EXERCISE »
Look for "holds" in every line of the listing. Copy the lines that have it.

WORKING DATA »
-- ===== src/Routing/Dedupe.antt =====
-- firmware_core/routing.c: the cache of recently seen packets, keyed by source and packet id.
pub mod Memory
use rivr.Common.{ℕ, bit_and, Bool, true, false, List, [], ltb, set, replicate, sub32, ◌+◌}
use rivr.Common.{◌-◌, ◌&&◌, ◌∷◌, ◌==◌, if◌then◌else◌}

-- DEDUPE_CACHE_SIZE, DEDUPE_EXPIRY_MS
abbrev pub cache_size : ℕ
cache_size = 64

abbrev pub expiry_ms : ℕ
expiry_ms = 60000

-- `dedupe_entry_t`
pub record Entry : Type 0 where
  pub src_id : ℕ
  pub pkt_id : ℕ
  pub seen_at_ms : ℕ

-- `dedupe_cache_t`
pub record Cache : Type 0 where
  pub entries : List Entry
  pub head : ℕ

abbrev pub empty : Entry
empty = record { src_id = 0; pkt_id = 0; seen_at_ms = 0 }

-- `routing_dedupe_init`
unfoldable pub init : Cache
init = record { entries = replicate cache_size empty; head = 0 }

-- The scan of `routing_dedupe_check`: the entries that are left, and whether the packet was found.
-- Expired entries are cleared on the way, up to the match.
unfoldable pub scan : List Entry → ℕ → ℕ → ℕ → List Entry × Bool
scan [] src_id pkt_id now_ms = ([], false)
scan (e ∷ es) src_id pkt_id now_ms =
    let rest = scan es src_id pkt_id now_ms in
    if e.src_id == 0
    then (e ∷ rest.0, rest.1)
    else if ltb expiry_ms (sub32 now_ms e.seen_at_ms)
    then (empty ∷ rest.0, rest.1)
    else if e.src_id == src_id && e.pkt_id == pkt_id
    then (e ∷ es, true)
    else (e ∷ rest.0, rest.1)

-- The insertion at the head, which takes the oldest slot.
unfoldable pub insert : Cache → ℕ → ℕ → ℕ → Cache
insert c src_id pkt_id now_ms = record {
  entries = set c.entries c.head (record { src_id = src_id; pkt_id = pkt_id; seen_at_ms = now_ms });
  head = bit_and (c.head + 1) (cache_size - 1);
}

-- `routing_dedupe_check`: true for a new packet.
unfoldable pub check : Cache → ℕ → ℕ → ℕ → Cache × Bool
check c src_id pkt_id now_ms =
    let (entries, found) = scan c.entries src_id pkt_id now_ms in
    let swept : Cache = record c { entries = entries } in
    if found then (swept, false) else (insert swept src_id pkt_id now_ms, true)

--

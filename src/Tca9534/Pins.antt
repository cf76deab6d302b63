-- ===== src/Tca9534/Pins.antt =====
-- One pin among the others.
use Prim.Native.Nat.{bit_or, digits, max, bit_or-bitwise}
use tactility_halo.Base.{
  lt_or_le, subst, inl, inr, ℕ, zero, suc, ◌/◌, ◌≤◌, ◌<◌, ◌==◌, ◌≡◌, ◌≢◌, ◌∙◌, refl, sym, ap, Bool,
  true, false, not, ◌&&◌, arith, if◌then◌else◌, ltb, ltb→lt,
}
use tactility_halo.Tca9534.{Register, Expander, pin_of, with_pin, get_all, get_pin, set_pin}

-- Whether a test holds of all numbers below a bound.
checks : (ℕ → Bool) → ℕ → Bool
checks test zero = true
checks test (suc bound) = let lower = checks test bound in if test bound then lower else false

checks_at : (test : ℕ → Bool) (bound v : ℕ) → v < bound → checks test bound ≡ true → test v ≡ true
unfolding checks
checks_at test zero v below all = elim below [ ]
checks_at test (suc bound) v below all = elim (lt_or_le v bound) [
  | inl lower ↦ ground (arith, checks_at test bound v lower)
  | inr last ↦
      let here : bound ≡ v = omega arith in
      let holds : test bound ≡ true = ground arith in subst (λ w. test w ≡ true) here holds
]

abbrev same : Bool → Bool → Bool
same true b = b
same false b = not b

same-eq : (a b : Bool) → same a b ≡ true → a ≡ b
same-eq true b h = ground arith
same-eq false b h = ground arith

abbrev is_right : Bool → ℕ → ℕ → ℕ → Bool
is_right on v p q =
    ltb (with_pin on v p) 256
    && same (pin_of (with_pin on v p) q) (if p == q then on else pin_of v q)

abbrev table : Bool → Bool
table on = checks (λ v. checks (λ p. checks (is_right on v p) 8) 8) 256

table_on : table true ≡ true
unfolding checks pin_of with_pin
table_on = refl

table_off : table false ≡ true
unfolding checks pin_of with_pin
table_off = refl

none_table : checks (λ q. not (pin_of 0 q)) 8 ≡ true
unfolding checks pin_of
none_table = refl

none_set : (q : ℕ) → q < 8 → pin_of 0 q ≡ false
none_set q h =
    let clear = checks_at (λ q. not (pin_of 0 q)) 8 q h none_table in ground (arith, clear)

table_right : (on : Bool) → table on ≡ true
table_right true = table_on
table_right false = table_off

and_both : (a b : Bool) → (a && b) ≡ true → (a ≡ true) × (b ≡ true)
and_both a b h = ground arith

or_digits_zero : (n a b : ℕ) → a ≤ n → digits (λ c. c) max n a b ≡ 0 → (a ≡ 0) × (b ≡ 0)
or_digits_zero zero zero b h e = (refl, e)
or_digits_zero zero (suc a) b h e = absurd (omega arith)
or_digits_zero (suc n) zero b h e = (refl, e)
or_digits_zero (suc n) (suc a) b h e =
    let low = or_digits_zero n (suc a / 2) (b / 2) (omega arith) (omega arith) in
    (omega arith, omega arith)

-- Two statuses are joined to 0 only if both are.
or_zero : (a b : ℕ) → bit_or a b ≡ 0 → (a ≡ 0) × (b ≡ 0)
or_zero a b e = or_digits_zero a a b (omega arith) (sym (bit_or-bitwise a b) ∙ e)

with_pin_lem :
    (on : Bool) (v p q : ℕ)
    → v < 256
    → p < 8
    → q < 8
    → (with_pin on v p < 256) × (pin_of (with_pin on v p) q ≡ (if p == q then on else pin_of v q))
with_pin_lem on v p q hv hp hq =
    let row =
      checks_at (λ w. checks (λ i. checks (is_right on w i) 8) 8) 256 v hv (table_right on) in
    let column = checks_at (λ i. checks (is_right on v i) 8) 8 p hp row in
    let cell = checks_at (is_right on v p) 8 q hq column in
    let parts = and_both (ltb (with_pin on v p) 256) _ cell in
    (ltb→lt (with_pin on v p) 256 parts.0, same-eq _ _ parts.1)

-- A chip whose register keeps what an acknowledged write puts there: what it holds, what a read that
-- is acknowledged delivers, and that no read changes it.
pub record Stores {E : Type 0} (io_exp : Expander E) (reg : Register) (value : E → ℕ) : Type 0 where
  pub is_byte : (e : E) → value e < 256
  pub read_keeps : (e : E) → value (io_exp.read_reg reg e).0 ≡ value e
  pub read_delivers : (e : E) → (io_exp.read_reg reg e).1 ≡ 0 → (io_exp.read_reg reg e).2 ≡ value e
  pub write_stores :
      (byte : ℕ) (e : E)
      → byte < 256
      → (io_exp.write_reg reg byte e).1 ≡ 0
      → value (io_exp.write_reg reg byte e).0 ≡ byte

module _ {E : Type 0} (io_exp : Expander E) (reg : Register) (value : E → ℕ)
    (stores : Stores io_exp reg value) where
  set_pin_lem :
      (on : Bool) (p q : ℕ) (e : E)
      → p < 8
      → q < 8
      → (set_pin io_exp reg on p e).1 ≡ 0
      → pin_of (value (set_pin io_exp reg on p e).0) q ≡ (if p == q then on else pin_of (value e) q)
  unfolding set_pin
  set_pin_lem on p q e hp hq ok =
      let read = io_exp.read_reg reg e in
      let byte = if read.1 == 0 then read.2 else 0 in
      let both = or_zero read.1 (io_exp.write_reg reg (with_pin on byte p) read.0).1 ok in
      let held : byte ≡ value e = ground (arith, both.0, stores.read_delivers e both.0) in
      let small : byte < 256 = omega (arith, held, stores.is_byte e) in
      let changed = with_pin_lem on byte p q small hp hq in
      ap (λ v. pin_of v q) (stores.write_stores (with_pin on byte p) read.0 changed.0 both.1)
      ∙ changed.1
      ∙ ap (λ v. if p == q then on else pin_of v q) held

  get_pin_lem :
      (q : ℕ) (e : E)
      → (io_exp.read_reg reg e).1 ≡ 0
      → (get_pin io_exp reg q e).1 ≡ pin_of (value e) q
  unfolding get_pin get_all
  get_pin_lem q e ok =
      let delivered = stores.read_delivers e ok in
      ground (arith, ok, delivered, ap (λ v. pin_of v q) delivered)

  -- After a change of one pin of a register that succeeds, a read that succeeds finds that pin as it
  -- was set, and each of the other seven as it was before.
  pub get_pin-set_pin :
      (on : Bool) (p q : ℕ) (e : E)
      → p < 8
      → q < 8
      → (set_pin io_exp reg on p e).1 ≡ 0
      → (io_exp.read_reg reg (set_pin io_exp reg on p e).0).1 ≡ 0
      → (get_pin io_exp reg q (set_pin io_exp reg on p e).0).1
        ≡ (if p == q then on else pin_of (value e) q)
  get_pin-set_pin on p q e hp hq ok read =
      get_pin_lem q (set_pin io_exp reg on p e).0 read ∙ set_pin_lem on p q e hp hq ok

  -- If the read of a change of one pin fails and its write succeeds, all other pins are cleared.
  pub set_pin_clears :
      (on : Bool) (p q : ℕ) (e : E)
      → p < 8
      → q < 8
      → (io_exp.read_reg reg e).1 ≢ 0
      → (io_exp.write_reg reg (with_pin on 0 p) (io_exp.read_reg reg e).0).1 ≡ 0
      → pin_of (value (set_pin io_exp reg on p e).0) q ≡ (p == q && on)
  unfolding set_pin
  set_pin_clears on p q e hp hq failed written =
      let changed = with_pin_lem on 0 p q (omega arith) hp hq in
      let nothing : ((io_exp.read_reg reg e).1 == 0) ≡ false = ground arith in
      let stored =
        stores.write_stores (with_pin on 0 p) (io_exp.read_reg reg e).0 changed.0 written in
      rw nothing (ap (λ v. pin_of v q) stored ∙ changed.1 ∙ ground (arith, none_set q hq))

* * *

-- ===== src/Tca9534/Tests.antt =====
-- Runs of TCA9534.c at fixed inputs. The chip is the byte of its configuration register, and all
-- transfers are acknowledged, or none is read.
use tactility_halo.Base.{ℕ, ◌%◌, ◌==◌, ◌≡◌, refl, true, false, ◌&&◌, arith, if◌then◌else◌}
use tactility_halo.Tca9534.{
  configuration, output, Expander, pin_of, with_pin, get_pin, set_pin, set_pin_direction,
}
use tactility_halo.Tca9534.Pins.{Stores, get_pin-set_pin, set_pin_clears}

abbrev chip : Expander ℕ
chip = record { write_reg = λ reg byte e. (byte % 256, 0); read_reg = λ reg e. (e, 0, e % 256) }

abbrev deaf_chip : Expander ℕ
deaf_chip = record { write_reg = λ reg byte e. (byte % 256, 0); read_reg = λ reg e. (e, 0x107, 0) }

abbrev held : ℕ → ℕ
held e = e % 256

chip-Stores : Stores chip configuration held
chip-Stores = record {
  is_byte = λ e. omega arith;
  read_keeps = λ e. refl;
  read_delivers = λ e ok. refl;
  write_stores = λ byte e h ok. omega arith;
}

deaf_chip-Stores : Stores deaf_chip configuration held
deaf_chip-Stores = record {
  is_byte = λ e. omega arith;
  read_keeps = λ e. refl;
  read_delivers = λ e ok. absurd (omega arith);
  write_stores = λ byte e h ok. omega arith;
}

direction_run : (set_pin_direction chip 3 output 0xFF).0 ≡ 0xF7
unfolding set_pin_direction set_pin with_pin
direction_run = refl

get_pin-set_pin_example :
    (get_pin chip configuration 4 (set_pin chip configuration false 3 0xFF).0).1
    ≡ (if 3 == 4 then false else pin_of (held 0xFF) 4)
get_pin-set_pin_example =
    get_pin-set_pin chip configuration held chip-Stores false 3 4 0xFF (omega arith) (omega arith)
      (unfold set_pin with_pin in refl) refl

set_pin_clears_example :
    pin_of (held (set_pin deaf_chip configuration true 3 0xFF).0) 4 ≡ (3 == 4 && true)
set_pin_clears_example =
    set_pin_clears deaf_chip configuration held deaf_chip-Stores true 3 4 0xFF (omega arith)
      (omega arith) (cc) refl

EXERCISE OUTPUT »
-- Whether a test holds of all numbers below a bound.
      let holds : test bound ≡ true = ground arith in subst (λ w. test w ≡ true) here holds
-- A chip whose register keeps what an acknowledged write puts there: what it holds, what a read that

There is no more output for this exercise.